Hence arises radicalism born of proclaimed ideological purity.
Now, I hate to break it to you but the 2020 election was not rigged by Chinese hackers who installed USB/Bluetooth remote control thermostats in the Dominion voting machines used in many states. Also it’s not true that Caesar Chavez implanted Democrat-favoring software that switched votes in order to steal the 2020 election from Trump and other Republicans.
Unless, that is, Chavez is getting ready to show up at Dealey Plaza along with JFK, JFK Jr, Hitler, and Elvis and help teach the faithful how to stop the Democrats from eating babies.
In every other Presidential election since James Polk or Garfield or Lincoln, the losers have accepted their loss and attempted to contribute to the subsequent welfare of the nation (and their own personal finances). Presidents and presidential candidates, defeated at the polls, have accepted the result and put the nation ahead of themselves. Gore shut down Democrats attempting to contest his loss to Bush, and certified Bush’s razor-thin electoral win. G.W.H. Bush conceded graciously to Clinton. After he and Jimmy Carter lost to Reagan, Walter Mondale said simply: “We obeyed the law, we kept the nation out of war, and we told the truth.”
Truman lost, but is now thought of as one of our GREAT Presidents. Carter lost, but is now thought of as one of our great ex-Presidents. Teddy Roosevelt lost, but is on Mt. Rushmore along with Lincoln, Washington, and Jefferson. Reaching farther back, John Q. Adams lost, but then was elected to Congress and became the public conscience of the nation regarding slavery.
We would learn nothing if we won all the time and all successes came easy.
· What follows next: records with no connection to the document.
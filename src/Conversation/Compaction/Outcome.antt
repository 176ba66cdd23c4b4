-- ===== src/Conversation/Compaction/Outcome.antt =====
-- core/conversation/compaction.py: what a compaction leaves behind, and when it is an error.
use zj_cyber_workbench.Prelude.{
  leb, if◌then◌else◌, string_eq, ◌==◌, nat_eq, not, ◌&&◌, length, ℕ, zero, suc, ◌+◌, ◌≤◌, ◌<◌,
  String, ◌≡◌, refl, ◌≢◌, ◌↔◌, Bool, true, false, Option, none, some, List, [], ◌∷◌, arith,
}
use zj_cyber_workbench.Json.{Json}
use zj_cyber_workbench.Conversation.Formats.{TextLibrary}
use zj_cyber_workbench.Conversation.Projection.{ProjectedItem}
use zj_cyber_workbench.Conversation.Tokens.{estimate_items_tokens}
use zj_cyber_workbench.Conversation.Budget.Bounds.{cost, costs, estimate_items_tokens-costs}
use zj_cyber_workbench.Conversation.Budget.{has_no}
use zj_cyber_workbench.Conversation.Compaction.{
  CompactionScope, CompactionConfig, CompactionState, select_compaction_candidates, candidate_ids,
  max_id, min_id, candidate_end_message_id, candidate_start_message_id,
}
use zj_cyber_workbench.Conversation.Compaction.Storage.{
  Summary, exception, answer, hard_stop, token_or, sum_tokens, is_hard_stop, store_locked,
  with_estimate, estimate_projection_tokens, projected_tokens_of, with_summary, with_candidates,
  compact_if_needed,
}

abbrev pub has_id : Option ℕ → Bool
has_id none = false
has_id (some id) = true

has_id-max : (ids : List ℕ) → has_id (max_id ids) ≡ not (has_no ids)
has_id-max [] = refl
has_id-max (id ∷ ids) = refl

has_id-min : (ids : List ℕ) → has_id (min_id ids) ≡ not (has_no ids)
has_id-min [] = refl
has_id-min (id ∷ ids) = refl

module _ (count : Json → ℕ) where
  -- An item that is projected costs its estimate, if it has one.
  abbrev pub projected_costs : List ProjectedItem → ℕ
  projected_costs [] = 0
  projected_costs (p ∷ items) =
      (if p.token_estimate == 0 then cost count p.item else p.token_estimate)
      + projected_costs items

  abbrev pub context_cost : List ProjectedItem → (incoming : List Json) → ℕ
  context_cost items incoming = projected_costs items + costs count incoming

  token_or_cases : (estimate n : ℕ) → token_or n estimate ≡ (if n == 0 then estimate else n)
  token_or_cases estimate zero = refl
  token_or_cases estimate (suc n) = ground arith

  sum_tokens-projected_costs :
      (items : List ProjectedItem)
      → sum_tokens (estimate_projection_tokens count items) ≡ projected_costs items
  unfolding estimate_projection_tokens with_estimate
  sum_tokens-projected_costs [] = refl
  sum_tokens-projected_costs (p ∷ items) = grind (
    arith,
    sum_tokens-projected_costs items,
    token_or_cases (estimate_items_tokens count (p.item ∷ [])) p.token_estimate,
    estimate_items_tokens-costs count (p.item ∷ []),
  )

  projected_tokens_of-context_cost :
      (items : List ProjectedItem) (incoming : List Json)
      → projected_tokens_of count items incoming ≡ context_cost items incoming
  unfolding projected_tokens_of
  projected_tokens_of-context_cost items incoming =
      omega (arith, sum_tokens-projected_costs items, estimate_items_tokens-costs count incoming)

  abbrev pub selected : CompactionConfig → List ProjectedItem → List Json → List ProjectedItem
  selected cfg items incoming =
      select_compaction_candidates cfg (context_cost items incoming)
        (estimate_projection_tokens count items)

  -- A summary is asked for, none is given, and the context has reached the hard stop.
  pub record IsStopped (lib : TextLibrary) (cfg : CompactionConfig) (items : List ProjectedItem)
      (incoming : List Json) (summary : Summary) : Type 0 where
    pub enabled : cfg.enabled ≡ true
    pub window : 0 < cfg.window
    pub triggered : cfg.trigger_tokens ≤ context_cost items incoming
    pub stop_set : 0 < cfg.hard_stop_tokens
    pub stop_reached : cfg.hard_stop_tokens ≤ context_cost items incoming
    pub with_ids : candidate_ids (selected cfg items incoming) ≢ []
    pub enough : cfg.min_items ≤ length (selected cfg items incoming)
    pub unusable : (t : String) → summary ≡ answer t → lib.strip t ≡ ""

  -- The guards of the code, in its terms.
  abbrev is_due : CompactionConfig → List ProjectedItem → List Json → Bool
  is_due cfg items incoming =
      let projected_tokens = projected_tokens_of count items incoming in
      let candidates =
        select_compaction_candidates cfg projected_tokens
          (estimate_projection_tokens count items) in
      cfg.enabled
      && not (cfg.window == 0)
      && leb cfg.trigger_tokens projected_tokens
      && has_id (candidate_start_message_id candidates)
      && has_id (candidate_end_message_id candidates)
      && leb cfg.min_items (length candidates)

abbrev is_unusable : TextLibrary → Summary → Bool
is_unusable lib exception = true
is_unusable lib (answer t) = lib.strip t == ""

is_unusable_iff :
    (lib : TextLibrary) (summary : Summary)
    → (is_unusable lib summary ≡ true) ↔ ((t : String) → summary ≡ answer t → lib.strip t ≡ "")
is_unusable_iff lib exception = (λ h t e. ground (arith, e), λ h. refl)
is_unusable_iff lib (answer t) = (
  λ h s e. ground (arith, h, e, string_eq.same_iff (lib.strip t) ""),
  λ h. (string_eq.same_iff (lib.strip t) "").1 (h t refl),
)

has_no_iff : (ids : List ℕ) → (not (has_no ids) ≡ true) ↔ (ids ≢ [])
has_no_iff [] = (λ h. ground (arith, h), λ h. absurd (h refl))
has_no_iff (id ∷ ids) = (λ h e. ground (arith, e), λ h. refl)

module _ (lib : TextLibrary) (count : Json → ℕ) where
  guards_iff :
      (cfg : CompactionConfig) (scope : CompactionScope) (id : ℕ) (items : List ProjectedItem)
      (incoming : List Json) (summary : Summary) (st : CompactionState)
      → ((compact_if_needed lib count cfg scope id items incoming summary st).0 ≡ hard_stop) ↔ (
          (is_due count cfg items incoming ≡ true)
          × (is_unusable lib summary ≡ true)
          × (is_hard_stop (projected_tokens_of count items incoming) cfg.hard_stop_tokens ≡ true))
  unfolding compact_if_needed with_candidates with_summary store_locked
  guards_iff cfg scope id items incoming exception st = ground arith
  guards_iff cfg scope id items incoming (answer t) st = ground arith

  guards-IsStopped :
      (cfg : CompactionConfig) (items : List ProjectedItem) (incoming : List Json)
      (summary : Summary)
      → ((is_due count cfg items incoming ≡ true)
          × (is_unusable lib summary ≡ true)
          × (is_hard_stop (projected_tokens_of count items incoming) cfg.hard_stop_tokens ≡ true))
        ↔ IsStopped count lib cfg items incoming summary
  unfolding is_hard_stop candidate_start_message_id candidate_end_message_id
  guards-IsStopped cfg items incoming summary =
      let ids = candidate_ids (selected count cfg items incoming) in
      let starts = has_id-min ids in
      let ends = has_id-max ids in
      rw (projected_tokens_of-context_cost count items incoming) (
        λ h. record {
          enabled = ground (arith, h);
          window = ground (arith, h);
          triggered = ground (arith, h);
          stop_set = ground (arith, h);
          stop_reached = ground (arith, h);
          with_ids = (has_no_iff ids).0 (ground (arith, h, starts));
          enough = ground (arith, h);
          unusable = (is_unusable_iff lib summary).0 h.1;
        },
        λ s. (
          ground (
            arith,
            s.enabled,
            s.window,
            s.triggered,
            s.enough,
            starts,
            ends,
            (has_no_iff ids).1 s.with_ids,
          ),
          (is_unusable_iff lib summary).1 s.unusable,
          ground (arith, s.stop_set, s.stop_reached),
        ),
      )

  -- The call is an error exactly when the compaction is on and has a window, the cost of the context
  -- with what comes in has reached the trigger and a hard stop that is set, there are enough
  -- candidates and they have ids, and the model gives no summary, or one that is blank.
  pub compact_if_needed-hard_stop_iff :
      (cfg : CompactionConfig) (scope : CompactionScope) (id : ℕ) (items : List ProjectedItem)
      (incoming : List Json) (summary : Summary) (st : CompactionState)
      → ((compact_if_needed lib count cfg scope id items incoming summary st).0 ≡ hard_stop)
        ↔ IsStopped count lib cfg items incoming summary
  compact_if_needed-hard_stop_iff cfg scope id items incoming summary st =
      let guards = guards_iff cfg scope id items incoming summary st in
      let stopped = guards-IsStopped cfg items incoming summary in
      (λ h. stopped.0 (guards.0 h), λ s. guards.1 (stopped.1 s))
I’ve had sufficient experience at “winning” and “losing” in the courtroom to know that the losses have generally taught me more about lawyering than the wins. My personal favorite law school teacher, Professor Harold Young, offered this wisdom: “A lawyer who says they’ve never lost a case is either lying, or has only tried one case.”
So honestly, what does it mean or matter to say that ours is the “Greatest nation in the history of the world”, or to define our personal, national, or cultural ethos by whether we are the #1 economy, the best at everything, the winner of all wars and all conflicts, and defining our history as one glorious triumphant march from the Pilgrims to the launch of Bezos into a few minutes of weightlessness ecstasy? If that’s the only story we know, we’ve left out so much truth that our conception of our nation and ourselves is an utter fabricated fantasy.

Having the most toys may feel like winning, but if we win by using others as rungs to climb over on our way to the top, I don’t call that winning. Love, and life, are not zero-sum games. You can lose a pickup basketball game and still have a really good time playing, and get the full benefit of exercise, fun, friendship, and competitive sport.
As long as you don’t ruin your own day by only being happy if you beat somebody else.